North Carolina endured yet another loss on Friday night, and the Bill Belichick-led team may not win a game in the Atlantic Coast Conference during the 2025 campaign.
In fact, UNC could go the entire season without a victory over a Power Four conference opponent. While the Tar Heels weren’t forecast to be an excellent group in 2025 by national and ACC observers, North Carolina has clearly proven a disappointment thus far this season.
UNC dropped to 2-4 with recent loss
On Friday evening, turnovers doomed the Tar Heels, as they lost at California, 21-18. UNC fumbled three times, and it lost all three of them, including one near the goal line that the Golden Bears recovered in the end zone in the fourth quarter to hang on and win by three points.
With that setback, North Carolina dropped to 2-4 overall and 0-2 in ACC play. The team’s two triumphs in 2025 have come against Charlotte and Richmond.
After the Tar Heels’ latest defeat, Belichick acknowledged in his post-game press conference that turnovers stung his team against Cal, but he also said that North Carolina continues to improve every week.
Where will UNC finish in ACC standings?
At this point in the 2025 season, UNC doesn’t hold the title of the worst team in the ACC. That goes to Boston College. But North Carolina isn’t far behind the Eagles.

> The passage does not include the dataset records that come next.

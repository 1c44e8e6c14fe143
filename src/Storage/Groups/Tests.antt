-- ===== src/Storage/Groups/Tests.antt =====
-- The theorems on groups at concrete inputs.
use identity_api.Common.{
  List, Option, ◌≡◌, ◌≢◌, refl, true, false, not, ◌&&◌, ◌||◌, none, some, [], ◌∷◌, ◌==◌, any, keep,
  find?, contains, if◌then◌else◌, ◌⊎◌,
}
use identity_api.Types.{PrefixedId, Group, GroupUpdate}
use identity_api.Types.Errors.{Failure, db, pq, group_exists, duplicate_key}
use identity_api.Exec.{ok, err}
use identity_api.Sandbox.{World, sandbox, sandbox-IsDocumented}
use identity_api.Sandbox.Data.{start, ops, dev, qa}
use identity_api.Storage.{with_tx}
use identity_api.Storage.Groups.{
  create_group, update_group, delete_group, add_group_members, remove_group_member,
  replace_group_members,
}
use identity_api.Storage.Groups.Sql.{
  in_group, clashes, insert_group_row, select_group, update_group_row, delete_group_row,
  delete_member, delete_members, upsert_members, select_members,
}
use identity_api.Storage.Groups.Membership.{is_member}
use identity_api.Storage.Groups.Steps.{asked_members, SameButGroups, SameButMembers}
use identity_api.Storage.Groups.Lookup.{
  group_at, IsUpdated, create_group-group_at, create_group_refused, update_group-group_at,
  delete_group-group_at,
}
use identity_api.Storage.Groups.Members.{add_group_members-is_member, remove_group_member-is_member}
use identity_api.Storage.Groups.Replace.{IsReplaced, replace_group_members-is_member}

replaces :
    (replace_group_members sandbox with_tx "g-ops" ("bob" ∷ "eve" ∷ []) start).0
    ≡ ok ("eve" ∷ [], "ann" ∷ [])
unfolding replace_group_members select_group select_members delete_members upsert_members any keep
    find? contains
replaces = refl

replace_group_members-is_member_example :
    let after = (replace_group_members sandbox with_tx "g-ops" ("bob" ∷ "eve" ∷ []) start).1.view in
    (read : List PrefixedId) × (unread : List PrefixedId) × (left : Option Failure) × (asked_members
        sandbox with_tx "g-ops" start
      ≡ ok (read, left))
    × ((s : PrefixedId)
        → is_member "g-ops" s start.view.working ≡ (contains s read || contains s unread))
    × IsReplaced "g-ops" ("bob" ∷ "eve" ∷ []) read ("eve" ∷ [], "ann" ∷ []) start.view after
    × (left ≡ none
        → (unread ≡ [])
          × ((s : PrefixedId)
              → is_member "g-ops" s after.working ≡ contains s ("bob" ∷ "eve" ∷ [])))
replace_group_members-is_member_example =
    replace_group_members-is_member sandbox-IsDocumented "g-ops" ("bob" ∷ "eve" ∷ []) start
      ("eve" ∷ [], "ann" ∷ []) refl replaces

creates : (create_group sandbox with_tx qa start).0 ≡ ok qa
unfolding create_group insert_group_row clashes select_group any find?
creates = refl

create_group-group_at_example :
    let after = (create_group sandbox with_tx qa start).1.view in
    ◌≡◌ {A = Group} qa qa
    × (qa.name ≢ "")
    × (group_at "g-qa" start.view ≡ none)
    × (any (λ r. r.owner_id == "tnt" && r.name == "qa") (ops ∷ dev ∷ []) ≡ false)
    × ((id : PrefixedId)
        → group_at id after ≡ (if "g-qa" == id then some qa else group_at id start.view))
    × SameButGroups start.view after
create_group-group_at_example = create_group-group_at sandbox-IsDocumented qa qa start creates

abbrev second_ops : Group
second_ops = record { id = "g-2"; owner_id = "tnt"; name = "ops"; description = "" }

clash : ((second_ops.name == "") || any (clashes second_ops) start.view.working.groups) ≡ true
unfolding clashes any
clash = refl

create_group_refused_example :
    (((create_group sandbox with_tx second_ops start).0 ≡ err group_exists)
      ⊎ ((f : Failure) × ((create_group sandbox with_tx second_ops start).0 ≡ err (db f))
          × (f ≢ pq duplicate_key)
          × (second_ops.name ≢ "")))
    × ((create_group sandbox with_tx second_ops start).1.view ≡ start.view)
create_group_refused_example = create_group_refused sandbox-IsDocumented second_ops start clash

abbrev rename : GroupUpdate
rename = record { name = some "builders"; description = none }

abbrev builders : Group
builders = record { id = "g-dev"; owner_id = "tnt"; name = "builders"; description = "builds" }

updates : (update_group sandbox with_tx "g-dev" rename start).0 ≡ ok builders
unfolding update_group update_group_row select_group any find?
updates = refl

update_group-group_at_example :
    let after = (update_group sandbox with_tx "g-dev" rename start).1.view in
    (old : Group) × (group_at "g-dev" start.view ≡ some old)
    × IsUpdated (record { name = some "builders"; description = none }) old builders
    × ((builders.name ≡ "") → (old.name ≡ ""))
    × ((other : PrefixedId)
        → group_at other after
          ≡ (if "g-dev" == other then some builders else group_at other start.view))
    × SameButGroups start.view after
update_group-group_at_example =
    update_group-group_at sandbox-IsDocumented "g-dev" rename builders start updates

abbrev emptied : World
emptied = (remove_group_member sandbox with_tx "g-dev" "ann" start).1

removes : (remove_group_member sandbox with_tx "g-dev" "ann" start).0 ≡ ok tt
unfolding remove_group_member delete_member select_group any find? keep
removes = refl

remove_group_member-is_member_example :
    (is_member "g-dev" "ann" start.view.working ≡ true)
    × ((g s : PrefixedId)
        → is_member g s emptied.view.working
          ≡ (is_member g s start.view.working && not (g == "g-dev" && s == "ann")))
    × SameButMembers start.view emptied.view
remove_group_member-is_member_example =
    remove_group_member-is_member sandbox-IsDocumented "g-dev" "ann" start removes

deletes : (delete_group sandbox with_tx "g-dev" emptied).0 ≡ ok tt
unfolding remove_group_member delete_member delete_group delete_group_row select_group any find?
    keep
deletes = refl

delete_group-group_at_example :
    let after = (delete_group sandbox with_tx "g-dev" emptied).1.view in
    (group_at "g-dev" emptied.view ≢ none)
    × (any (in_group "g-dev") emptied.view.working.group_members ≡ false)
    × ((other : PrefixedId)
        → group_at other after ≡ (if "g-dev" == other then none else group_at other emptied.view))
    × SameButGroups emptied.view after
delete_group-group_at_example = delete_group-group_at sandbox-IsDocumented "g-dev" emptied deletes

adds : (add_group_members sandbox with_tx "g-dev" ("eve" ∷ []) start).0 ≡ ok tt
unfolding add_group_members upsert_members select_group any find?
adds = refl

add_group_members-is_member_example :
    let after = (add_group_members sandbox with_tx "g-dev" ("eve" ∷ []) start).1.view in
    ((g s : PrefixedId)
      → is_member g s after.working
        ≡ (is_member g s start.view.working || ("g-dev" == g && contains s ("eve" ∷ []))))
    × SameButMembers start.view after
add_group_members-is_member_example =
    add_group_members-is_member sandbox-IsDocumented "g-dev" ("eve" ∷ []) start adds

In the league’s preseason media poll, the Tar Heels were projected to finish at No. 8 in the ACC, which is roughly in the middle of the conference. Yet North Carolina, these days, is trending much further down in the ACC’s pecking order than the midway point.
In the 2025 regular season, UNC has three home games and three on the road remaining. North Carolina will host No. 18 Virginia, Stanford and Duke. The Tar Heels will travel to Syracuse, Wake Forest and N.C. State.
Stanford is currently 2-4 overall and will host Florida State on Saturday night. But the rest of the foes on UNC’s schedule currently have a better record than the Tar Heels.
It’s entirely possible that Belichick, who won six Super Bowls as the head coach of the New England Patriots, could, in his first season in Chapel Hill, not win an ACC game or a Power Four contest. Should that transpire, it would be stunning.